Work task :: The lines to repeat are those below from the one containing "io = cpp_stream_handler" down to the one containing "arrivals t (next", both included; reproduce them exactly and nothing else.

Collected data
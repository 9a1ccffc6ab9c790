-- ===== src/Server/Handlers/Laws.antt =====
-- The requests of src/drogon_server.cpp, from the I/O threads to their callbacks.
use drogon_r.Prelude.{
  ℕ, ◌+◌, ◌≡◌, refl, ap, inl, inr, Bool, true, false, List, [], ◌∷◌, ◌++◌, arith, ◌==◌,
  if◌then◌else◌, count_p, count_p-append,
}
use drogon_r.Prelude.Bytes.{Bytes}
use drogon_r.Prelude.Sexp.{ℤ}
use drogon_r.Queue.{notify_dispatcher, drain_queue}
use drogon_r.Queue.Laws.{enqueue_request_cases}
use drogon_r.Dispatch.{Dispatcher, Host, dispatch_all}
use drogon_r.Dispatch.Request.{PendingRequest}
use drogon_r.Dispatch.Laws.{tickets, asked, dispatch_all-answers}
use drogon_r.Server.Limits.{RouteLimiters, check_rate_limits}
use drogon_r.Server.Handlers.{
  HttpRequest, NativeResponse, Snapshot, CppTask, Outcome, Io, Seconds, pending_of, respond_native,
  queue_full_response, make_rate_limit_response,
}
use drogon_r.Server.Handlers.Serve.{
  answer, run_cpp_task, serve_r, serve_cpp, serve_cpp_stream, behind_limits, drogon_handler,
  cpp_handler, cpp_stream_handler,
}

-- Whether a number is the ticket.
abbrev pub one : ℕ → ℕ → ℕ
one t u = if u == t then 1 else 0

abbrev is : ℕ → ℕ → Bool
is t u = u == t

abbrev pub given : ℕ → List (ℕ × NativeResponse) → ℕ
given t [] = 0
given t ((u, r) ∷ rest) = one t u + given t rest

abbrev pub to_do : ℕ → List CppTask → ℕ
to_do t [] = 0
to_do t (c ∷ cs) = one t c.ticket + to_do t cs

given-append :
    (t : ℕ) (xs ys : List (ℕ × NativeResponse)) → given t (xs ++ ys) ≡ given t xs + given t ys
given-append t [] ys = omega arith
given-append t ((u, r) ∷ xs) ys = omega (arith, given-append t xs ys)

to_do-append : (t : ℕ) (xs ys : List CppTask) → to_do t (xs ++ ys) ≡ to_do t xs + to_do t ys
to_do-append t [] ys = omega arith
to_do-append t (c ∷ xs) ys = omega (arith, to_do-append t xs ys)

asked-append : (xs ys : List PendingRequest) → asked (xs ++ ys) ≡ asked xs ++ asked ys
asked-append [] ys = refl
asked-append (pr ∷ xs) ys = ap (λ ts. pr.ticket ∷ ts) (asked-append xs ys)

module _ {S : Type 0} where
  -- How often a ticket waits in the queue or for a worker, or was answered off the main thread.
  abbrev pub load : ℕ → Io S → ℕ
  load t io = given t io.answers + count_p (is t) (asked io.queue.queue) + to_do t io.tasks

  -- A step that takes one request on.
  abbrev Takes : ℕ → Io S → Io S → Type 0
  Takes u io io' = (t : ℕ) → load t io' ≡ load t io + one t u

  answer-Takes : (u : ℕ) (resp : NativeResponse) (io : Io S) → Takes u io (answer u resp io)
  answer-Takes u resp io t = omega (arith, given-append t io.answers ((u, resp) ∷ []))

  serve_r-Takes :
      (route_id : ℤ) (req : HttpRequest) (io : Io S) → Takes req.ticket io (serve_r route_id req io)
  unfolding serve_r notify_dispatcher pending_of
  serve_r-Takes route_id req io t =
      let pr = pending_of route_id req in
      elim (enqueue_request_cases pr io.queue) [
        | inl (free, e) ↦
            rw (e, serve_r)
              (rw (asked-append io.queue.queue (pr ∷ []))
                (omega (arith, count_p-append (is t) (asked io.queue.queue) (req.ticket ∷ []))))
        | inr (full, most, e) ↦ rw (e, serve_r) (answer-Takes req.ticket queue_full_response io t)
      ]

  serve_cpp-Takes :
      (fn : ℕ) (req : HttpRequest) (io : Io S) → Takes req.ticket io (serve_cpp fn req io)
  unfolding serve_cpp
  serve_cpp-Takes fn req io t = omega (arith, to_do-append t io.tasks)

  serve_cpp_stream-Takes :
      (fn : ℕ) (ct : Bytes) (req : HttpRequest) (io : Io S)
      → Takes req.ticket io (serve_cpp_stream fn ct req io)
  unfolding serve_cpp_stream
  serve_cpp_stream-Takes fn ct req io t = omega (arith, given-append t io.answers)

  module _ (is_allowed : ℕ → S → Bool × S) (secs : Seconds) where
    -- Behind its limits a handler takes the request on as well, or answers it.
    behind_limits-Takes :
        (rl : RouteLimiters) (req : HttpRequest) (serve : Io S → Io S) (io : Io S)
        → ((io : Io S) → Takes req.ticket io (serve io))
        → Takes req.ticket io (behind_limits is_allowed secs rl req serve io)
    unfolding behind_limits
    behind_limits-Takes rl req serve io h = by_limiters rl.limiters
      where
        by_ok :
            (ok : Bool) (io' : Io S)
            → Takes req.ticket io' (
                if ok
                then serve io'
                else answer req.ticket (make_rate_limit_response secs rl.max_window) io')
        by_ok true io' = h io'
        by_ok false io' = answer-Takes req.ticket (make_rate_limit_response secs rl.max_window) io'

        by_limiters :
            (ls : List ℕ)
            → Takes req.ticket io (elim ls as (λ x. Io S) [
              | [] ↦ serve io
              | l ∷ ls ↦
                  let (ok, limits) = check_rate_limits is_allowed (l ∷ ls) io.limits in
                  let io' : Io S = record io { limits = limits } in
                  if ok
                  then serve io'
                  else answer req.ticket (make_rate_limit_response secs rl.max_window) io'
            ])
        by_limiters [] t = h io t
        by_limiters (l ∷ ls) t =
            let (ok, limits) = check_rate_limits is_allowed (l ∷ ls) io.limits in
            by_ok ok (record io { limits = limits }) t

-- The threads of the server and the main R thread's dispatcher.
pub record Site (S : Type 0) : Type 0 where
  pub io : Io S
  pub main : Dispatcher

module _ {S : Type 0} (is_allowed : ℕ → S → Bool × S) (secs : Seconds) where
  pub data Step (w : Site S) : Site S → Type 0 where
    r_request :
        (rl : RouteLimiters) (route_id : ℤ) (req : HttpRequest)
        → Step w (record w { io = drogon_handler is_allowed secs rl route_id req w.io })
    cpp_request :
        (rl : RouteLimiters) (fn : ℕ) (req : HttpRequest)
        → Step w (record w { io = cpp_handler is_allowed secs rl fn req w.io })
    cpp_stream_request :
        (rl : RouteLimiters) (fn : ℕ) (ct : Bytes) (req : HttpRequest)
        → Step w (record w { io = cpp_stream_handler is_allowed secs rl fn ct req w.io })
    works :
        (backend : ℕ → Snapshot → Outcome) (before after : List CppTask) (t : CppTask)
        → w.io.tasks ≡ before ++ t ∷ after
        → Step w
            (record w { io = run_cpp_task backend t (record w.io { tasks = before ++ after }) })
    turns :
        (host : Host)
        → Step w (record w {
          io = record w.io { queue = (drain_queue w.io.queue).0 };
          main = dispatch_all host (drain_queue w.io.queue).1 w.main;
        })

  pub data Reach (w : Site S) : Site S → Type 0 where
    here : Reach w w
    next : {u v : Site S} → Reach w u → Step u v → Reach w v

  -- How often a ticket came in during a run.
  arrival : (t : ℕ) {w v : Site S} → Step w v → ℕ
  arrival t (r_request rl route_id req) = one t req.ticket
  arrival t (cpp_request rl fn req) = one t req.ticket
  arrival t (cpp_stream_request rl fn ct req) = one t req.ticket
  arrival t (works backend before after c e) = 0
  arrival t (turns host) = 0

  pub arrivals : (t : ℕ) {w v : Site S} → Reach w v → ℕ
  arrivals t here = 0
  arrivals t (next r s) = arrivals t r + arrival t s

abbrev pub answered : {S : Type 0} → ℕ → Site S → ℕ
answered t w = given t w.io.answers + count_p (is t) (tickets w.main.answers)

abbrev pub waiting : {S : Type 0} → ℕ → Site S → ℕ
waiting t w = count_p (is t) (asked w.io.queue.queue) + to_do t w.io.tasks

module _ {S : Type 0} (is_allowed : ℕ → S → Bool × S) (secs : Seconds) where
  drogon_handler-Takes :
      (rl : RouteLimiters) (route_id : ℤ) (req : HttpRequest) (io : Io S)
      → Takes req.ticket io (drogon_handler is_allowed secs rl route_id req io)
  unfolding drogon_handler
  drogon_handler-Takes rl route_id req io =
      behind_limits-Takes is_allowed secs rl req (serve_r route_id req) io
        (serve_r-Takes route_id req)

  cpp_handler-Takes :
      (rl : RouteLimiters) (fn : ℕ) (req : HttpRequest) (io : Io S)
      → Takes req.ticket io (cpp_handler is_allowed secs rl fn req io)
  unfolding cpp_handler
  cpp_handler-Takes rl fn req io =
      behind_limits-Takes is_allowed secs rl req (serve_cpp fn req) io (serve_cpp-Takes fn req)

  cpp_stream_handler-Takes :
      (rl : RouteLimiters) (fn : ℕ) (ct : Bytes) (req : HttpRequest) (io : Io S)
      → Takes req.ticket io (cpp_stream_handler is_allowed secs rl fn ct req io)
  unfolding cpp_stream_handler
  cpp_stream_handler-Takes rl fn ct req io =
      behind_limits-Takes is_allowed secs rl req (serve_cpp_stream fn ct req) io
        (serve_cpp_stream-Takes fn ct req)

  run_cpp_task-load :
      (backend : ℕ → Snapshot → Outcome) (before after : List CppTask) (c : CppTask) (io : Io S)
      (t : ℕ)
      → io.tasks ≡ before ++ c ∷ after
      → load t (run_cpp_task backend c (record io { tasks = before ++ after })) ≡ load t io
  unfolding run_cpp_task
  run_cpp_task-load backend before after c io t e = rw e (
      omega (
        arith,
        to_do-append t before (c ∷ after),
        to_do-append t before after,
        given-append t io.answers ((c.ticket, respond_native (backend c.fn c.snapshot)) ∷ []),
      ))

  step-counts :
      (t : ℕ) {w v : Site S} (s : Step is_allowed secs w v)
      → answered t v + waiting t v ≡ answered t w + waiting t w + arrival is_allowed secs t s
  unfolding arrival drain_queue
  step-counts t {w} (r_request rl route_id req) =
      omega (arith, drogon_handler-Takes rl route_id req w.io t)
  step-counts t {w} (cpp_request rl fn req) = omega (arith, cpp_handler-Takes rl fn req w.io t)
  step-counts t {w} (cpp_stream_request rl fn ct req) =
      omega (arith, cpp_stream_handler-Takes rl fn ct req w.io t)
  step-counts t {w} (works backend before after c e) =
      omega (arith, run_cpp_task-load backend before after c w.io t e)
  step-counts t {w} (turns host) =
      rw (dispatch_all-answers host w.io.queue.queue w.main)
        (omega (arith, count_p-append (is t) (tickets w.main.answers) (asked w.io.queue.queue)))

  -- Every request that comes in on a route of R or of C++, limited or not, with a full queue or not, is
  -- answered exactly once: in every run the answers and what waits in the queue or for a worker are
  -- as many as they were, and one more for each request.
  pub one_answer :
      (t : ℕ) {w v : Site S} (r : Reach is_allowed secs w v)
      → answered t v + waiting t v ≡ answered t w + waiting t w + arrivals is_allowed secs t r
  unfolding arrivals
  one_answer t here = omega arith
  one_answer t (next r s) = omega (arith, one_answer t r, step-counts t s)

Output of the exercise ::
        → Step w (record w { io = cpp_stream_handler is_allowed secs rl fn ct req w.io })
    works :
        (backend : ℕ → Snapshot → Outcome) (before after : List CppTask) (t : CppTask)
        → w.io.tasks ≡ before ++ t ∷ after
        → Step w
            (record w { io = run_cpp_task backend t (record w.io { tasks = before ++ after }) })
    turns :
        (host : Host)
        → Step w (record w {
          io = record w.io { queue = (drain_queue w.io.queue).0 };
          main = dispatch_all host (drain_queue w.io.queue).1 w.main;
        })

  pub data Reach (w : Site S) : Site S → Type 0 where
    here : Reach w w
    next : {u v : Site S} → Reach w u → Step u v → Reach w v

  -- How often a ticket came in during a run.
  arrival : (t : ℕ) {w v : Site S} → Step w v → ℕ
  arrival t (r_request rl route_id req) = one t req.ticket
  arrival t (cpp_request rl fn req) = one t req.ticket
  arrival t (cpp_stream_request rl fn ct req) = one t req.ticket
  arrival t (works backend before after c e) = 0
  arrival t (turns host) = 0

  pub arrivals : (t : ℕ) {w v : Site S} → Reach w v → ℕ
  arrivals t here = 0
  arrivals t (next r s) = arrivals t r + arrival t s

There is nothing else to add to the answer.